List of extracted entities

Examples

>>> extract_entities("Apple Inc. is in California")
['Apple Inc.', 'California']
kerb.preprocessing.segment_sentences(text)[source]

Sentence segmentation.

Parameters:

text (str) – Input text

Return type:

List[str]

Returns:

List of sentences

Examples

>>> segment_sentences("Hello world. How are you?")
['Hello world.', 'How are you?']
kerb.preprocessing.segment_words(text)[source]

Word segmentation (tokenization).

Parameters:

text (str) – Input text

Return type:

List[str]

Returns:

List of words

Examples

>>> segment_words("Hello, world!")
['Hello', 'world']
kerb.preprocessing.preprocess_batch(texts, operations=None, **kwargs)[source]

Apply preprocessing pipeline to batch.

Parameters:
  • texts (List[str]) – List of texts to preprocess

  • operations (Optional[List[Callable]]) – List of preprocessing functions

  • **kwargs – Arguments to pass to operations

Return type:

List[str]

Returns:

List of preprocessed texts

Examples

>>> preprocess_batch(["  HELLO  ", "  WORLD  "], [str.lower, str.strip])
['hello', 'world']
kerb.preprocessing.preprocess_pipeline(*operations)[source]

Create custom preprocessing pipeline.

Parameters:

*operations (Callable) – Preprocessing functions to chain

Return type:

Callable

Returns:

Pipeline function

Examples

>>> pipeline = preprocess_pipeline(str.lower, str.strip)
>>> pipeline("  HELLO  ")
'hello'
kerb.preprocessing.truncate_text(text, max_length, strategy='end', suffix='...')[source]

Truncate text intelligently.

Parameters:
  • text (str) – Input text

  • max_length (int) – Maximum length

  • strategy (Union[TruncateStrategy, str]) – Truncation strategy (TruncateStrategy enum or string: “end”, “middle”, “start”, “smart”)

  • suffix (str) – Suffix to add when truncated

Return type:

str

Returns:

Truncated text

Examples

>>> truncate_text("Hello world", max_length=8)
'Hello...'
>>> truncate_text("Hello world", max_length=8, strategy=TruncateStrategy.MIDDLE)
'He...ld'
>>> truncate_text("This is a sentence. And another one.", max_length=20, strategy="smart")
'This is a sentence....'
kerb.preprocessing.split_long_text(text, max_length, overlap=0, preserve_words=True)[source]

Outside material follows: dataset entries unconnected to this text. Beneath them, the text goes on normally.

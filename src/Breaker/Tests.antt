-- ===== src/Breaker/Tests.antt =====
-- Runs of the circuit breaker, and its theorems at concrete inputs.
use praxis_ai_agent_platform.Common.{
  ℕ, ◌+◌, ◌<◌, String, ◌≡◌, refl, Bool, true, false, List, [], ◌∷◌, arith, nat_eq, string_eq, All,
  ok, Outcome, returned, cancelled,
}
use praxis_ai_agent_platform.Breaker.{
  closed, opened, half_open, CircuitBreaker, admit, interrupted, call, new, Event, arrive, fail,
  abandon, run,
}
use praxis_ai_agent_platform.Breaker.Laws.{IsCoherent}
use praxis_ai_agent_platform.Breaker.Traces.{run-IsCoherent, Arrival, arrivals, IsRejected}
use praxis_ai_agent_platform.Breaker.Calls.{
  is_rejected, Times, failing_call, failing_calls, threshold_trips, success_closes,
  cancelled_trial_wedges,
}

abbrev tripped : CircuitBreaker
tripped = record {
  name = "slack";
  failure_threshold = 2;
  reset_timeout_seconds = 30;
  state = opened;
  consecutive_failures = 2;
  opened_at = 100;
  half_open_in_flight = false;
}

abbrev trying : CircuitBreaker
trying = record tripped { state = half_open; half_open_in_flight = true }

-- two failures open it; a late success of a call that was admitted before closes it again
late_success : (run (new "slack" 2 30) (arrive "read" 1 1 ∷ fail 5 ∷ fail 6 ∷ [])).state ≡ opened
unfolding run new
late_success = refl

abbrev busy : List Event
busy = arrive "read" 1 1 ∷ arrive "read" 2 2 ∷ fail 5 ∷ fail 6 ∷ arrive "read" 40 40 ∷ abandon ∷ []

run-IsCoherent_example : IsCoherent (run (new "slack" 2 30) busy)
run-IsCoherent_example = run-IsCoherent "slack" 2 30 busy (omega arith)

abbrev read_error : String
read_error = "timeout"

abbrev later : List Arrival
later =
    record { operation = "read"; now = 140; again = 140 }
    ∷ record { operation = "write"; now = 900; again = 901 }
    ∷ []

abbrev sooner : List Arrival
sooner =
    record { operation = "read"; now = 101; again = 102 }
    ∷ record { operation = "write"; now = 129; again = 130 }
    ∷ []

threshold_trips_example :
    let fresh = new "read" 3 30 in
    let earlier : List Times = (7, 7, 8) ∷ (9, 9, 20) ∷ [] in
    let tripped =
      failing_call Bool read_error "read"
        (21, 21, 25)
        (failing_calls Bool read_error "read" earlier fresh) in
    (2 < 3 → (failing_calls Bool read_error "read" earlier fresh).state ≡ closed)
    × (◌≡◌ {A = ℕ} 3 3
        → (operation : CircuitBreaker → CircuitBreaker × Outcome String Bool)
          (start again finish : ℕ)
        → start < 25 + 30
        → (tripped.state ≡ opened)
          × (is_rejected (call "read" start again finish operation tripped).1 ≡ true)
          × ((call "read" start again finish operation tripped).0 ≡ tripped))
unfolding new
threshold_trips_example =
    threshold_trips read_error "read" ((7, 7, 8) ∷ (9, 9, 20) ∷ []) (21, 21, 25) (new "read" 3 30)
      refl refl

-- while the operation ran, other tasks opened the circuit
abbrev slow_success : CircuitBreaker → CircuitBreaker × Outcome String ℕ
slow_success b = (tripped, returned 42)

success_closes_example :
    let b' = (call "read" 1 1 110 slow_success (new "slack" 2 30)).0 in
    (b'.state ≡ closed)
    × (b'.consecutive_failures ≡ 0)
    × (b'.half_open_in_flight ≡ false)
    × ((next : String) (time time' : ℕ) → admit next time time' b' ≡ (b', ok tt))
unfolding call new
success_closes_example = success_closes "read" 1 1 110 slow_success (new "slack" 2 30) {v = 42} refl

cancelled_trial_wedges_example :
    let r = call {E = String} {T = ℕ} "read" 130 130 131 (λ b'. (b', cancelled)) tripped in
    (r.1 ≡ interrupted) × All (IsRejected r.0) later × (run r.0 (arrivals later) ≡ r.0)
cancelled_trial_wedges_example =
    cancelled_trial_wedges "read" 130 130 131 tripped later refl (omega arith)
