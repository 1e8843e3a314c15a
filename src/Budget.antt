-- ===== src/Budget.antt =====
-- praxis/agents/budget.py. The trackers are objects that refer to their parents, and several
-- children share one parent: they stand in a ledger, a tracker's name being its place there. Money
-- is exact: a rate is in cents for a million tokens, so that a cost is in units of 10⁻⁸ dollars.
pub mod Chain
pub mod Rollup
pub mod Guard
pub mod Children
pub mod Runs
mod Tests
use praxis_ai_agent_platform.Common.{
  ℕ, zero, suc, ◌+◌, ◌-◌, ◌*◌, String, Option, none, some, List, [], ◌∷◌, ◌++◌, ltb, if◌then◌else◌,
  nat_eq, string_eq, get_elem?, modify, Dict, lookup, Result, ok, err, ◌>>◌,
}

pub record Budget : Type 0 where
  pub max_tokens : Option ℕ
  pub max_cost_usd : Option ℕ
  pub max_llm_calls : Option ℕ
  pub max_wall_clock_seconds : Option ℕ
  pub max_descendants : Option ℕ

-- `Budget()`
abbrev pub unlimited : Budget
unlimited = record {
  max_tokens = none;
  max_cost_usd = none;
  max_llm_calls = none;
  max_wall_clock_seconds = none;
  max_descendants = none;
}

-- A payload of JSON: `None`, or numbers and nulls by their names.
abbrev pub Json : Type 0
Json = Option (Dict String (Option ℕ))

unfoldable pub to_dict : Budget → Dict String (Option ℕ)
to_dict b =
    ("max_tokens", b.max_tokens)
    ∷ ("max_cost_usd", b.max_cost_usd)
    ∷ ("max_llm_calls", b.max_llm_calls)
    ∷ ("max_wall_clock_seconds", b.max_wall_clock_seconds)
    ∷ ("max_descendants", b.max_descendants)
    ∷ []

-- `payload.get(key)`
abbrev pub get_key : String → Dict String (Option ℕ) → Option ℕ
get_key key d = elim (lookup key d) [ none ↦ none | some v ↦ v ]

-- `Budget.from_dict`: an empty payload is no budget
unfoldable pub from_dict : Json → Option Budget
from_dict none = none
from_dict (some []) = none
from_dict (some (entry ∷ d)) = some record {
  max_tokens = get_key "max_tokens" (entry ∷ d);
  max_cost_usd = get_key "max_cost_usd" (entry ∷ d);
  max_llm_calls = get_key "max_llm_calls" (entry ∷ d);
  max_wall_clock_seconds = get_key "max_wall_clock_seconds" (entry ∷ d);
  max_descendants = get_key "max_descendants" (entry ∷ d);
}

-- the rates for input and output
abbrev pub Rate : Type 0
Rate = ℕ × ℕ

unfoldable pub default_pricing : Dict String Rate
default_pricing =
    ("claude-haiku-4-5-20251001", (100, 500))
    ∷ ("claude-sonnet-5", (300, 1500))
    ∷ ("claude-opus-5", (1500, 7500))
    ∷ ("gpt-5", (125, 1000))
    ∷ ("gpt-5-mini", (25, 200))
    ∷ ("gpt-5-nano", (5, 40))
    ∷ ("gpt-4.1", (200, 800))
    ∷ ("gpt-4.1-mini", (40, 160))
    ∷ ("gpt-4.1-nano", (10, 40))
    ∷ ("gpt-4o", (250, 1000))
    ∷ ("gpt-4o-mini", (15, 60))
    ∷ []

abbrev pub unknown_model_pricing : Rate
unknown_model_pricing = (1500, 7500)

pub record Spend : Type 0 where
  pub tokens_in : ℕ
  pub tokens_out : ℕ
  pub cost_usd : ℕ
  pub llm_calls : ℕ
  pub descendants : ℕ

abbrev pub spent_tokens : Spend → ℕ
spent_tokens s = s.tokens_in + s.tokens_out

abbrev pub nothing_spent : Spend
nothing_spent = record {
  tokens_in = 0;
  tokens_out = 0;
  cost_usd = 0;
  llm_calls = 0;
  descendants = 0;
}

pub record Tracker : Type 0 where
  pub budget : Budget
  pub parent : Option ℕ
  pub pricing : Dict String Rate
  pub started_at : ℕ
  pub spend : Spend

abbrev pub Ledger : Type 0
Ledger = List Tracker

-- `price_of`
unfoldable pub price_of : Tracker → String → ℕ → ℕ → ℕ
price_of t model tokens_in tokens_out =
    let rate : Rate = elim (lookup model t.pricing) [ none ↦ unknown_model_pricing | some r ↦ r ] in
    tokens_in * rate.0 + tokens_out * rate.1

-- The resource, the limit and the attempted total of a `BudgetExhaustedError`.
pub data Resource : Type 0 where
  wall_clock_seconds llm_calls tokens cost_usd descendants : Resource

pub record BudgetExhaustedError : Type 0 where
  pub resource : Resource
  pub limit : ℕ
  pub attempted : ℕ

-- `if limit is not None and attempted > limit: raise`
unfoldable pub enforce : Resource → Option ℕ → ℕ → Result BudgetExhaustedError (Unit {0})
enforce resource none attempted = ok tt
enforce resource (some limit) attempted =
    if ltb limit attempted
    then err (record { resource = resource; limit = limit; attempted = attempted })
    else ok tt

-- A tracker, its parent, its parent's parent and so on.
chain_from : ℕ → Ledger → ℕ → List ℕ
chain_from zero l id = []
chain_from (suc fuel) l id = elim (get_elem? l id) [
  | none ↦ []
  | some t ↦ id ∷ elim t.parent [ none ↦ [] | some p ↦ chain_from fuel l p ]
]

-- A parent is made before its children, so that a place bounds the length of its chain.
unfoldable pub chain : Ledger → ℕ → List ℕ
unfolding chain_from
chain l id = chain_from (suc id) l id

-- A check of the tracker at a place. A reference is never dangling; there would be nothing to check.
abbrev pub on_tracker :
    (Tracker → Result BudgetExhaustedError (Unit {0}))
    → Option Tracker
    → Result BudgetExhaustedError (Unit {0})
on_tracker own none = ok tt
on_tracker own (some t) = own t

-- what a check asks of one tracker, asked up the chain
unfoldable pub ask :
    (Tracker → Result BudgetExhaustedError (Unit {0}))
    → Ledger
    → List ℕ
    → Result BudgetExhaustedError (Unit {0})
ask own l [] = ok tt
ask own l (id ∷ ids) = on_tracker own (get_elem? l id) >> ask own l ids

-- `check_deadline`, the tracker's own part
unfoldable pub own_deadline : ℕ → Tracker → Result BudgetExhaustedError (Unit {0})
unfolding enforce
own_deadline now t = enforce wall_clock_seconds t.budget.max_wall_clock_seconds (now - t.started_at)

unfoldable pub check_deadline : ℕ → Ledger → ℕ → Result BudgetExhaustedError (Unit {0})
unfolding own_deadline ask chain
check_deadline now l id = ask (own_deadline now) l (chain l id)

-- `check_llm_call`, the tracker's own part after its `check_deadline`
unfoldable pub own_llm_call : String → ℕ → Tracker → Result BudgetExhaustedError (Unit {0})
unfolding enforce price_of
own_llm_call model estimated t =
    enforce llm_calls t.budget.max_llm_calls (t.spend.llm_calls + 1)
    >> (enforce tokens t.budget.max_tokens (spent_tokens t.spend + estimated)
        >> enforce cost_usd t.budget.max_cost_usd (t.spend.cost_usd + price_of t model estimated 0))

-- each tracker of the chain asks first for the deadlines of the rest of the chain
unfoldable pub ask_llm_call :
    ℕ → String → ℕ → Ledger → List ℕ → Result BudgetExhaustedError (Unit {0})
unfolding own_llm_call ask own_deadline
ask_llm_call now model estimated l [] = ok tt
ask_llm_call now model estimated l (id ∷ ids) =
    ask (own_deadline now) l (id ∷ ids)
    >> (on_tracker (own_llm_call model estimated) (get_elem? l id)
        >> ask_llm_call now model estimated l ids)

unfoldable pub check_llm_call : ℕ → String → ℕ → Ledger → ℕ → Result BudgetExhaustedError (Unit {0})
unfolding ask_llm_call chain
check_llm_call now model estimated l id = ask_llm_call now model estimated l (chain l id)

-- `check_descendant`
unfoldable pub own_descendant : Tracker → Result BudgetExhaustedError (Unit {0})
unfolding enforce
own_descendant t = enforce descendants t.budget.max_descendants (t.spend.descendants + 1)

unfoldable pub check_descendant : Ledger → ℕ → Result BudgetExhaustedError (Unit {0})
unfolding own_descendant ask chain
check_descendant l id = ask own_descendant l (chain l id)

-- what a recording does to one tracker, done up the chain
unfoldable pub charge : (Tracker → Tracker) → List ℕ → Ledger → Ledger
charge own [] l = l
charge own (id ∷ ids) l = charge own ids (modify l id own)

unfoldable pub own_record : String → ℕ → ℕ → Tracker → Tracker
unfolding price_of
own_record model tokens_in tokens_out t = record t {
  spend = record {
    tokens_in = t.spend.tokens_in + tokens_in;
    tokens_out = t.spend.tokens_out + tokens_out;
    cost_usd = t.spend.cost_usd + price_of t model tokens_in tokens_out;
    llm_calls = t.spend.llm_calls + 1;
    descendants = t.spend.descendants;
  };
}

-- `record_llm_call`; the cost that it returns is `price_of` of the tracker
unfoldable pub record_llm_call : String → ℕ → ℕ → Ledger → ℕ → Ledger
unfolding own_record charge chain
record_llm_call model tokens_in tokens_out l id =
    charge (own_record model tokens_in tokens_out) (chain l id) l

unfoldable pub own_record_descendant : Tracker → Tracker
own_record_descendant t = record t {
  spend = record t.spend { descendants = t.spend.descendants + 1 };
}

-- `record_descendant`
unfoldable pub record_descendant : Ledger → ℕ → Ledger
unfolding own_record_descendant charge chain
record_descendant l id = charge own_record_descendant (chain l id) l

-- `budget if budget is not None else self._budget`, and the pricing of the parent
abbrev pub new_child : ℕ → Option Budget → ℕ → Tracker → Tracker
new_child now budget id t = record {
  budget = elim budget [ none ↦ t.budget | some b ↦ b ];
  parent = some id;
  pricing = t.pricing;
  started_at = now;
  spend = nothing_spent;
}

-- `child`: the new tracker stands at the end of the ledger
unfoldable pub child : ℕ → Option Budget → Ledger → ℕ → Result BudgetExhaustedError Ledger
unfolding check_descendant record_descendant
child now budget l id =
    check_descendant l id
    >> (let l' = record_descendant l id in
        elim (get_elem? l' id) [
          | none ↦ ok l'
          | some t ↦ ok (l' ++ new_child now budget id t ∷ [])
        ])
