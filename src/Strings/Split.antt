-- ===== src/Strings/Split.antt =====
-- `split` of Strings.antt and joining with the separator.
use parch_testbench.Prelude.{
  Bool-cases, inl, inr, ==_refl, ◌==◌, ℕ, ◌≡◌, ◌≢◌, refl, ap, List, [], ◌∷◌, ◌++◌, Text, Lacks, All,
  arith,
}
use parch_testbench.Strings.{split, non_empty, onto_first}

-- The words with the separator between them.
unfoldable pub join : ℕ → List Text → Text
join c [] = []
join c (w ∷ []) = w
join c (w ∷ v ∷ vs) = w ++ c ∷ join c (v ∷ vs)

pub split-append : (c : ℕ) (w t : Text) → Lacks c w → split c (w ++ c ∷ t) ≡ w ∷ split c t
unfolding split
split-append c [] t h = ground arith
split-append c (x ∷ w) t h = ground (arith, split-append c w t h.1, h.0)

split-Lacks : (c : ℕ) (w : Text) → Lacks c w → split c w ≡ w ∷ []
unfolding split
split-Lacks c [] h = refl
split-Lacks c (x ∷ w) h = ground (arith, split-Lacks c w h.1, h.0)

pub split-join :
    (c : ℕ) (w : Text) (ws : List Text)
    → All (Lacks c) (w ∷ ws)
    → split c (join c (w ∷ ws)) ≡ w ∷ ws
unfolding join
split-join c w [] h = split-Lacks c w h.0
split-join c w (v ∷ vs) h =
    rw (split-append c w (join c (v ∷ vs)) h.0) (ap (λ l. w ∷ l) (split-join c v vs h.1))

pub non_empty_id : (ws : List Text) → All (λ w. w ≢ []) ws → non_empty ws ≡ ws
unfolding non_empty
non_empty_id [] h = refl
non_empty_id ([] ∷ ws) h = absurd (h.0 refl)
non_empty_id ((x ∷ w) ∷ ws) h = ap (λ l. (x ∷ w) ∷ l) (non_empty_id ws h.1)

All-onto_first :
    {P : Text → Type 0} (x : ℕ) (ps : List Text)
    → ((p : Text) → P p → P (x ∷ p))
    → P []
    → All P ps
    → All P (onto_first x ps)
All-onto_first x [] f e h = (f [] e, tt)
All-onto_first x (p ∷ ps) f e h = (f p h.0, h.1)

-- No piece of a split holds the separator.
pub split_pieces : (c : ℕ) (s : Text) → All (Lacks c) (split c s)
unfolding split
split_pieces c [] = (tt, tt)
split_pieces c (x ∷ s) = elim (Bool-cases (x == c)) [
  | inl e ↦ rw e (tt, split_pieces c s)
  | inr e ↦ rw e (
      All-onto_first x (split c s)
        (λ p h. ((λ same. absurd (ground (arith, ==_refl c, e, same))), h)) tt (split_pieces c s))
]

pub All-non_empty :
    (P : Text → Type 0) (ps : List Text) → All P ps → All (λ p. (p ≢ []) × P p) (non_empty ps)
unfolding non_empty
All-non_empty P [] h = tt
All-non_empty P ([] ∷ ps) h = All-non_empty P ps h.1
All-non_empty P ((x ∷ p) ∷ ps) h = (((λ e. cc), h.0), All-non_empty P ps h.1)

Split text exceeding length limit.

Parameters:
  • text (str) – Input text

  • max_length (int) – Maximum length per chunk

  • overlap (int) – Overlap between chunks

  • preserve_words (bool) – Don’t split words

Return type:

List[str]

Returns:

List of text chunks

Examples

>>> split_long_text("Hello world test", max_length=8)
['Hello', 'world', 'test']

Text cleaning and preprocessing for LLM inputs.